Important Requirements

Your claim must:

  • Be made in writing (including online or by fax)
  • Include a clear reason for the reduction
  • Be submitted before 31 January following the end of the tax year
  • State what the adjusted payments should be

What Happens Next

  • Automatic processing: Most online claims are processed automatically
  • Acknowledgment: HMRC will send letter SA614 warning about interest charges if you reduce payments too much
  • Equal split: Any reduction is split equally between both payments on account
  • Interest risk: If you reduce too much and underpay, you’ll be charged interest from the original due dates

Important Warnings

  • Be realistic: Only reduce if you genuinely expect lower liability
  • Interest charges: You’ll pay interest on any shortfall from the original payment dates
  • Penalties: Fraudulent or negligent claims can result in penalties
  • Consider all income: You must consider your total expected liability from all sources, not just one income stream

The key is to make a reasonable estimate based on genuine changes to your circumstances – don’t just reduce because you can’t afford to pay the full amount, as this isn’t a valid reason under the rules.

HMRC Payments on Account explained

Payments on account are advance payments that taxpayers in the UK Self Assessment system make towards their expected income tax and National Insurance contributions for the current tax year, before their final liability is calculated.

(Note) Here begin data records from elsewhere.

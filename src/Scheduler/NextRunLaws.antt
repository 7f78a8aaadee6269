-- ===== src/Scheduler/NextRunLaws.antt =====
-- The hourly, daily and weekly schedules of NextRun in source/internal/scheduler/scheduler.go: their loops
-- end, with the first instant that the schedule asks for.
use bonghos.Base.{
  ℕ, zero, suc, ◌+◌, ◌-◌, ◌*◌, ◌/◌, ◌%◌, ◌≤◌, ◌<◌, ◌≡◌, ◌≢◌, refl, sym, ap, ◌∙◌, ◌⊎◌, inl, inr,
  true, false, Option, some, eqb, ltb, leb, Bool-cases, arith,
}
use bonghos.Scheduler.NextRun.{
  weekday_of, until_after, until_weekday, next_hourly, next_daily, next_weekly,
}

-- The first instant behind `a` of which the predicate holds.
pub record IsNext (a : ℕ) (P : ℕ → Type 0) (t : ℕ) : Type 0 where
  pub later : a < t
  pub holds : P t
  pub first : (u : ℕ) → a < u → P u → t ≤ u

-- A loop has answered with the first such instant.
abbrev pub AnswersFirst : ℕ → (ℕ → Type 0) → Option ℕ → Type 0
AnswersFirst a P o = (t : ℕ) × ((o ≡ some t) × IsNext a P t)

until_after-now : (fuel step a t : ℕ) → a < t → until_after (suc fuel) step a t ≡ some t
unfolding until_after
until_after-now fuel step a t h = let e : ltb a t ≡ true = ground arith in rw e refl

until_after-later :
    (fuel step a t : ℕ)
    → t ≤ a
    → until_after (suc fuel) step a t ≡ until_after fuel step a (t + step)
unfolding until_after
until_after-later fuel step a t h = let e : ltb a t ≡ false = ground arith in rw e refl

le_cases : (a b : ℕ) → (a ≤ b) ⊎ (b < a)
le_cases a b = elim (Bool-cases (leb a b)) [
  | inl h ↦ inl (ground (arith, h))
  | inr h ↦ inr (ground (arith, h))
]

-- The second of the hour is the given one.
abbrev pub AtSecondOfHour : ℕ → ℕ → Type 0
AtSecondOfHour soh t = t % 3600 ≡ soh

abbrev pub AtSecondOfDay : ℕ → ℕ → Type 0
AtSecondOfDay sod t = t % 86400 ≡ sod

abbrev pub OnWeekday : ℕ → ℕ → ℕ → Type 0
OnWeekday wd sod t = (weekday_of t ≡ wd) × (t % 86400 ≡ sod)

-- Hourly: at the first instant that shows its minute and second.
pub next_hourly-AnswersFirst :
    (minute second a : ℕ)
    → minute ≤ 59
    → second ≤ 59
    → AnswersFirst a (AtSecondOfHour (minute * 60 + second)) (next_hourly minute second a)
unfolding next_hourly
next_hourly-AnswersFirst minute second a p q =
    elim (le_cases (a / 3600 * 3600 + minute * 60 + second) a) [
      | inl h ↦ (
        a / 3600 * 3600 + minute * 60 + second + 3600,
        (
          until_after-later 1 3600 a _ h ∙ until_after-now 0 3600 a _ (omega arith),
          record { later = omega arith; holds = omega arith; first = λ u b c. omega arith },
        ),
      )
      | inr h ↦ (
        a / 3600 * 3600 + minute * 60 + second,
        (
          until_after-now 1 3600 a _ h,
          record { later = h; holds = omega arith; first = λ u b c. omega arith },
        ),
      )
    ]

-- Daily: at the first instant that shows its time of the day.
pub next_daily-AnswersFirst :
    (sod a : ℕ) → sod < 86400 → AnswersFirst a (AtSecondOfDay sod) (next_daily sod a)
unfolding next_daily
next_daily-AnswersFirst sod a p = elim (le_cases (a / 86400 * 86400 + sod) a) [
  | inl h ↦ (
    a / 86400 * 86400 + sod + 86400,
    (
      until_after-later 1 86400 a _ h ∙ until_after-now 0 86400 a _ (omega arith),
      record { later = omega arith; holds = omega arith; first = λ u b c. omega arith },
    ),
  )
  | inr h ↦ (
    a / 86400 * 86400 + sod,
    (
      until_after-now 1 86400 a _ h,
      record { later = h; holds = omega arith; first = λ u b c. omega arith },
    ),
  )
]

hit : (fuel wd a t : ℕ) → a < t → weekday_of t ≡ wd → until_weekday (suc fuel) wd a t ≡ some t
unfolding until_weekday
hit fuel wd a t h k =
    let e : ltb a t ≡ true = ground arith in
    let f : eqb (weekday_of t) wd ≡ true = ground arith in rw (e, f) refl

miss :
    (fuel wd a t : ℕ)
    → (t ≤ a) ⊎ (eqb (weekday_of t) wd ≡ false)
    → until_weekday (suc fuel) wd a t ≡ until_weekday fuel wd a (t + 86400)
unfolding until_weekday
miss fuel wd a t (inr k) = rw k refl
miss fuel wd a t (inl h) =
    let e : ltb a t ≡ false = ground arith in
    elim (Bool-cases (eqb (weekday_of t) wd)) [ inl k ↦ rw (k, e) refl | inr k ↦ rw k refl ]

-- There is such a day in every week.
day_before :
    (wd t : ℕ)
    → wd < 7
    → 604800 < t
    → (u : ℕ) × ((t ≤ u + 604800) × ((u < t) × OnWeekday wd (t % 86400) u))
day_before wd t p q =
    let back = (t / 86400 + 7 - wd) % 7 + 1 in
    (t - back * 86400, (omega arith, (omega arith, (ground arith, omega arith))))

-- A day that is not the answer.
skip_day :
    (fuel wd sod a t : ℕ)
    → t % 86400 ≡ sod
    → ((u : ℕ) → a < u → OnWeekday wd sod u → t ≤ u)
    → (t ≤ a) ⊎ (eqb (weekday_of t) wd ≡ false)
    → ((u : ℕ) → a < u → OnWeekday wd sod u → u ≢ t)
    → (((u : ℕ) → a < u → OnWeekday wd sod u → t + 86400 ≤ u)
        → AnswersFirst a (OnWeekday wd sod) (until_weekday fuel wd a (t + 86400)))
    → AnswersFirst a (OnWeekday wd sod) (until_weekday (suc fuel) wd a t)
skip_day fuel wd sod a t m f c n rest =
    rw (miss fuel wd a t c)
      (rest (λ u b o. let d = f u b o in let e = n u b o in let w = o.1 in omega arith))

-- From day to day; every instant behind `a` of the weekday and time lies at `t` or later.
week :
    (fuel wd sod a t : ℕ)
    → wd < 7
    → t % 86400 ≡ sod
    → ((u : ℕ) → a < u → OnWeekday wd sod u → t ≤ u)
    → a + 604800 < t + fuel * 86400
    → AnswersFirst a (OnWeekday wd sod) (until_weekday fuel wd a t)
week zero wd sod a t p m f g = absurd (
    let b = day_before wd t p (omega arith) in
    let c = b.1.0 in
    let d = b.1.1.0 in let e = f b.0 (omega arith) (b.1.1.1.0, b.1.1.1.1 ∙ m) in omega arith)
week (suc fuel) wd sod a t p m f g = elim (Bool-cases (eqb (weekday_of t) wd)) [
  | inr k ↦
      skip_day fuel wd sod a t m f (inr k)
        (λ u b o e. let c = sym (ap weekday_of e) ∙ o.0 in ground (arith, k, c))
        (λ h. week fuel wd sod a (t + 86400) p (omega arith) h (omega arith))
  | inl k ↦ elim (le_cases t a) [
    | inl h ↦
        skip_day fuel wd sod a t m f (inl h) (λ u b o e. omega arith)
          (λ h. week fuel wd sod a (t + 86400) p (omega arith) h (omega arith))
    | inr h ↦ (
      t,
      (
        hit fuel wd a t h (ground (arith, k)),
        record { later = h; holds = (ground (arith, k), m); first = f },
      ),
    )
  ]
]

-- Weekly: at the first instant that shows its weekday and its time of the day.
pub next_weekly-AnswersFirst :
    (wd sod a : ℕ) → wd < 7 → sod < 86400 → AnswersFirst a (OnWeekday wd sod) (next_weekly wd sod a)
unfolding next_weekly
next_weekly-AnswersFirst wd sod a p q =
    week 8 wd sod a (a / 86400 * 86400 + sod) p (omega arith) (λ u b o. let w = o.1 in omega arith)
      (omega arith)

-- An hourly, a daily and a weekly schedule run at the first instant behind the present one that shows their
-- minute and second, their time of the day, and their weekday and time of the day, in a zone whose offset
-- does not change.
pub next-AnswersFirst :
    (minute second sod wd a : ℕ)
    → minute ≤ 59
    → second ≤ 59
    → sod < 86400
    → wd < 7
    → AnswersFirst a (AtSecondOfHour (minute * 60 + second)) (next_hourly minute second a)
      × (AnswersFirst a (AtSecondOfDay sod) (next_daily sod a)
          × AnswersFirst a (OnWeekday wd sod) (next_weekly wd sod a))
next-AnswersFirst minute second sod wd a m s d w = (
  next_hourly-AnswersFirst minute second a m s,
  (next_daily-AnswersFirst sod a d, next_weekly-AnswersFirst wd sod a w d),
)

How Payments on Account Work

Payments on account are calculated as half of the previous year’s tax and National Insurance liability, after deducting:

  • Capital Gains Tax
  • Tax already deducted at source
  • Underpayments transferred to PAYE
  • Student loan and postgraduate loan repayments
  • Class 2 National Insurance contributions

When Payments on Account are Due

There are two payments on account each year:

  • First payment: 31 January (before the end of the tax year)
  • Second payment: 31 July (after the end of the tax year)

When Payments on Account are Not Required

You don’t need to make payments on account if:

  • Your previous year’s total tax and National Insurance liability was less than £1,000
  • More than 80% of your previous year’s liability was deducted at source (like through PAYE)
  • You’re covered by certain other specific circumstances

Making Adjustments

If you believe your payments on account are too high or too low based on your expected income for the current year, you can make a claim to adjust them using form SA303. You must provide a valid reason, such as:

  • Your income has decreased
  • Your allowances or reliefs have increased
  • More tax will be deducted at source than in the previous year

Important Points

  • Any odd penny is added to the second payment
  • The payments are automatically calculated when your tax return for the previous year is processed
  • If your actual liability turns out to be different from your payments on account, any difference is settled through the “balancing payment” when you file your return
  • Interest may be charged if you reduce payments on account too much and end up owing money

This system helps spread your tax payments across the year rather than paying everything in one lump sum after filing your return.